Goal of the exercise:
Whenever the string "some" turns up in a line of the data below, copy that line.

Start of Data extract

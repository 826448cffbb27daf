-- ===== src/Accountant/Maturity/Recorded.antt =====
-- Which coins become rewards (accountant/src/maturity.rs).
use katpool.Base.{
  ℕ, suc, ◌-◌, ◌≤◌, ◌≡◌, refl, ◌∙◌, subst, inl, inr, true, false, ◌||◌, ◌==◌, ltb, Option, some,
  List, [], ◌∷◌, ◌++◌, All, All-append, any, Result, ok, err, Bool-cases, Option-cases, arith,
}
use katpool.Base.Float.{Float}
use katpool.Base.Int.{pos}
use katpool.Base.Word.{i64_max, i64_of_u64}
use katpool.Accountant.Fee.{WalletTier, FeeConfig}
use katpool.Accountant.Ledger.{
  CoinbaseReward, same_outpoint, ensure_reward, mark_allocated, list_unallocated,
}
use katpool.Accountant.Engine.Once.{allocate_coinbase_reward-rule}
use katpool.Accountant.Maturity.{
  KaspadError, KaspadClient, CoinbaseUtxo, MaturityConfig, SweepStats, is_mature, Pool,
  record_reward, discover, discover_all, allocate_reward, allocate_all, sweep_utxos,
  count_allocation, sweep_rewards, sweep_at, sweep_blocks, no_stats, run_once,
}

-- no outpoint stands twice
abbrev pub DistinctOutpoints : List CoinbaseReward → Type 0
DistinctOutpoints [] = Unit
DistinctOutpoints (r ∷ rs) =
    (any (same_outpoint r.outpoint_transaction_id r.outpoint_index) rs ≡ false)
    × DistinctOutpoints rs

-- Of a reward's coin: its outpoint, its amount and the score of its block.
abbrev pub CoinPredicate : Type 1
CoinPredicate = ℕ → ℕ → ℕ → ℕ → Type 0

abbrev pub Of : CoinPredicate → CoinbaseReward → Type 0
Of Q r = Q r.outpoint_transaction_id r.outpoint_index r.amount_sompi r.block_daa_score

-- the rewards are of coins as they should be, and of no coin twice
pub record IsRecorded (Q : CoinPredicate) (rewards : List CoinbaseReward) : Type 0 where
  pub justified : All (Of Q) rewards
  pub distinct : DistinctOutpoints rewards

any-mark :
    (txid index id : ℕ) (rs : List CoinbaseReward)
    → any (same_outpoint txid index) (mark_allocated id rs) ≡ any (same_outpoint txid index) rs
unfolding mark_allocated
any-mark txid index id [] = refl
any-mark txid index id (r ∷ rs) = ground (arith, any-mark txid index id rs)

mark_allocated-justified :
    (Q : CoinPredicate) (id : ℕ) (rs : List CoinbaseReward)
    → All (Of Q) rs
    → All (Of Q) (mark_allocated id rs)
unfolding mark_allocated
mark_allocated-justified Q id [] h = tt
mark_allocated-justified Q id (r ∷ rs) h = elim (Bool-cases (r.id == id)) [
  | inl e ↦ (rw e h.0, mark_allocated-justified Q id rs h.1)
  | inr e ↦ (rw e h.0, mark_allocated-justified Q id rs h.1)
]

mark_allocated-distinct :
    (id : ℕ) (rs : List CoinbaseReward)
    → DistinctOutpoints rs
    → DistinctOutpoints (mark_allocated id rs)
unfolding mark_allocated
mark_allocated-distinct id [] h = tt
mark_allocated-distinct id (r ∷ rs) h = elim (Bool-cases (r.id == id)) [
  | inl e ↦ (
    rw e (any-mark r.outpoint_transaction_id r.outpoint_index id rs ∙ h.0),
    mark_allocated-distinct id rs h.1,
  )
  | inr e ↦ (
    rw e (any-mark r.outpoint_transaction_id r.outpoint_index id rs ∙ h.0),
    mark_allocated-distinct id rs h.1,
  )
]

mark_allocated-IsRecorded :
    {Q : CoinPredicate} (id : ℕ) (rs : List CoinbaseReward)
    → IsRecorded Q rs
    → IsRecorded Q (mark_allocated id rs)
mark_allocated-IsRecorded {Q} id rs h = record {
  justified = mark_allocated-justified Q id rs h.justified;
  distinct = mark_allocated-distinct id rs h.distinct;
}

any-append :
    (txid index : ℕ) (rs : List CoinbaseReward) (r : CoinbaseReward)
    → any (same_outpoint txid index) (rs ++ r ∷ [])
      ≡ (any (same_outpoint txid index) rs || same_outpoint txid index r)
any-append txid index [] r = ground arith
any-append txid index (q ∷ rs) r = ground (arith, any-append txid index rs r)

append-distinct :
    (rs : List CoinbaseReward) (r : CoinbaseReward)
    → DistinctOutpoints rs
    → any (same_outpoint r.outpoint_transaction_id r.outpoint_index) rs ≡ false
    → DistinctOutpoints (rs ++ r ∷ [])
append-distinct [] r h k = (refl, tt)
append-distinct (q ∷ rs) r h k = (
  any-append q.outpoint_transaction_id q.outpoint_index rs r ∙ ground (arith, h.0, k),
  append-distinct rs r h.1 (ground (arith, k)),
)

ensure_reward-IsRecorded :
    {Q : CoinPredicate} (next txid index amount daa : ℕ) (rs : List CoinbaseReward)
    → Q txid index amount daa
    → IsRecorded Q rs
    → IsRecorded Q (ensure_reward next txid index amount daa rs).0
unfolding ensure_reward
ensure_reward-IsRecorded {Q} next txid index amount daa rs good h =
    elim (Bool-cases (any (same_outpoint txid index) rs)) [
      | inl e ↦ rw e h
      | inr e ↦ rw e (record {
        justified = All-append (Of Q) rs _ h.justified (good, tt);
        distinct = append-distinct rs _ h.distinct e;
      })
    ]

-- a coin that is mature, not below the cutover's floor and of an i64 amount has the predicate
abbrev pub Recordable : CoinPredicate → MaturityConfig → ℕ → CoinbaseUtxo → Type 0
Recordable Q cfg daa u =
    is_mature daa u.block_daa_score cfg.coinbase_maturity ≡ true
    → cfg.coinbase_min_daa_score ≤ u.block_daa_score
    → u.amount_sompi ≤ i64_max
    → Q u.transaction_id u.index u.amount_sompi u.block_daa_score

i64_of_u64-some : (a b : ℕ) → i64_of_u64 a ≡ some b → (a ≤ i64_max) × (a ≡ b)
i64_of_u64-some a b h = ground arith

module _ (fl : Float) {Q : CoinPredicate} where
  discover-IsRecorded :
      (cfg : MaturityConfig) (daa : ℕ) (u : CoinbaseUtxo) (p : Pool fl) (s : SweepStats)
      → Recordable Q cfg daa u
      → IsRecorded Q p.ledger.books.rewards
      → IsRecorded Q (discover fl cfg daa u (p, s)).0.ledger.books.rewards
  unfolding discover record_reward
  discover-IsRecorded cfg daa u p s good h =
      elim (Bool-cases (is_mature daa u.block_daa_score cfg.coinbase_maturity)) [
        | inr e ↦ rw e h
        | inl e ↦ elim (Bool-cases (ltb u.block_daa_score cfg.coinbase_min_daa_score)) [
          | inl e' ↦ rw (e, e') h
          | inr e' ↦ elim (Option-cases (i64_of_u64 u.amount_sompi)) [
            | inl big ↦ rw (e, e', big) h
            | inr (amount, fits) ↦
                let (small, same) = i64_of_u64-some u.amount_sompi amount fits in
                rw (e, e', fits)
                  (ensure_reward-IsRecorded (suc p.last_reward_id) u.transaction_id u.index amount
                    u.block_daa_score p.ledger.books.rewards
                    (subst (λ a. Q u.transaction_id u.index a u.block_daa_score) same
                      (good e (ground arith) small))
                    h)
          ]
        ]
      ]

  discover_all-IsRecorded :
      (cfg : MaturityConfig) (daa : ℕ) (utxos : List CoinbaseUtxo) (out : Pool fl × SweepStats)
      → All (Recordable Q cfg daa) utxos
      → IsRecorded Q out.0.ledger.books.rewards
      → IsRecorded Q (discover_all fl cfg daa utxos out).0.ledger.books.rewards
  unfolding discover_all
  discover_all-IsRecorded cfg daa [] out good h = h
  discover_all-IsRecorded cfg daa (u ∷ utxos) out good h =
      discover_all-IsRecorded cfg daa utxos (discover fl cfg daa u out) good.1
        (discover-IsRecorded cfg daa u out.0 out.1 good.0 h)

  module _ (fee : FeeConfig) (address_of : ℕ → Option ℕ) (classify : ℕ → Option WalletTier)
      (cfg : MaturityConfig) where
    allocate_all-IsRecorded :
        (pending : List CoinbaseReward) (p : Pool fl) (s : SweepStats)
        → IsRecorded Q p.ledger.books.rewards
        → IsRecorded Q
            (allocate_all fl fee address_of classify cfg pending (p, s)).0.ledger.books.rewards
    unfolding allocate_all allocate_reward
    allocate_all-IsRecorded [] p s h = h
    allocate_all-IsRecorded (reward ∷ pending) p s h =
        let (l, r) = allocate_reward fl fee address_of classify cfg reward p.ledger in
        allocate_all-IsRecorded pending (record p { ledger = l }) (count_allocation fl r s)
          (allocate_coinbase_reward-rule fl
            (λ b b'. IsRecorded Q b.rewards → IsRecorded Q b'.rewards) (λ b k. k)
            (λ id new accruals audit b r' found open' mine sums k.
              mark_allocated-IsRecorded id b.rewards k)
            fee address_of classify reward.id (pos reward.amount_sompi)
            (reward.block_daa_score - cfg.window_daa_span) reward.block_daa_score p.ledger h)

    sweep_rewards-IsRecorded :
        (daa : ℕ) (utxos : Result KaspadError (List CoinbaseUtxo)) (p : Pool fl) (s : SweepStats)
        → ((us : List CoinbaseUtxo) → utxos ≡ ok us → All (Recordable Q cfg daa) us)
        → IsRecorded Q p.ledger.books.rewards
        → IsRecorded Q
            (sweep_rewards fl fee address_of classify cfg daa utxos (p, s)).0.ledger.books.rewards
    unfolding sweep_rewards sweep_utxos
    sweep_rewards-IsRecorded daa (err e) p s good h = h
    sweep_rewards-IsRecorded daa (ok utxos) p s good h =
        let found = discover_all fl cfg daa utxos (p, s) in
        allocate_all-IsRecorded (list_unallocated cfg.batch_size found.0.ledger.books.rewards)
          found.0 found.1 (discover_all-IsRecorded cfg daa utxos (p, s) (good utxos refl) h)

    sweep_at-IsRecorded :
        (node : KaspadClient) (score : Result KaspadError ℕ) (p : Pool fl)
        → ((daa : ℕ) (us : List CoinbaseUtxo)
            → score ≡ ok daa
            → node.pool_coinbase_utxos ≡ ok us
            → All (Recordable Q cfg daa) us)
        → IsRecorded Q p.ledger.books.rewards
        → IsRecorded Q (sweep_at fl fee address_of classify cfg node score p).0.ledger.books.rewards
    unfolding sweep_at
    sweep_at-IsRecorded node (err e) p good h = h
    sweep_at-IsRecorded node (ok daa) p good h =
        let (blocks, s) = sweep_blocks cfg node daa p.blocks no_stats in
        sweep_rewards-IsRecorded daa node.pool_coinbase_utxos (record p { blocks = blocks }) s
          (λ us e. good daa us refl e) h

    -- A sweep records no outpoint twice and only what is mature, at or above the cutover's floor and of an
    -- i64 amount: whatever holds of every reward before and of each such coin that the node lists holds of
    -- every reward after, with the outpoints still distinct.
    pub run_once-IsRecorded :
        (node : KaspadClient) (p : Pool fl)
        → ((daa : ℕ) (us : List CoinbaseUtxo)
            → node.virtual_daa_score ≡ ok daa
            → node.pool_coinbase_utxos ≡ ok us
            → All (Recordable Q cfg daa) us)
        → IsRecorded Q p.ledger.books.rewards
        → IsRecorded Q (run_once fl fee address_of classify cfg node p).0.ledger.books.rewards
    unfolding run_once
    run_once-IsRecorded node p good h = sweep_at-IsRecorded node node.virtual_daa_score p good h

End of Data extract

Result of this exercise:
  ℕ, suc, ◌-◌, ◌≤◌, ◌≡◌, refl, ◌∙◌, subst, inl, inr, true, false, ◌||◌, ◌==◌, ltb, Option, some,
i64_of_u64-some : (a b : ℕ) → i64_of_u64 a ≡ some b → (a ≤ i64_max) × (a ≡ b)
i64_of_u64-some a b h = ground arith
                let (small, same) = i64_of_u64-some u.amount_sompi amount fits in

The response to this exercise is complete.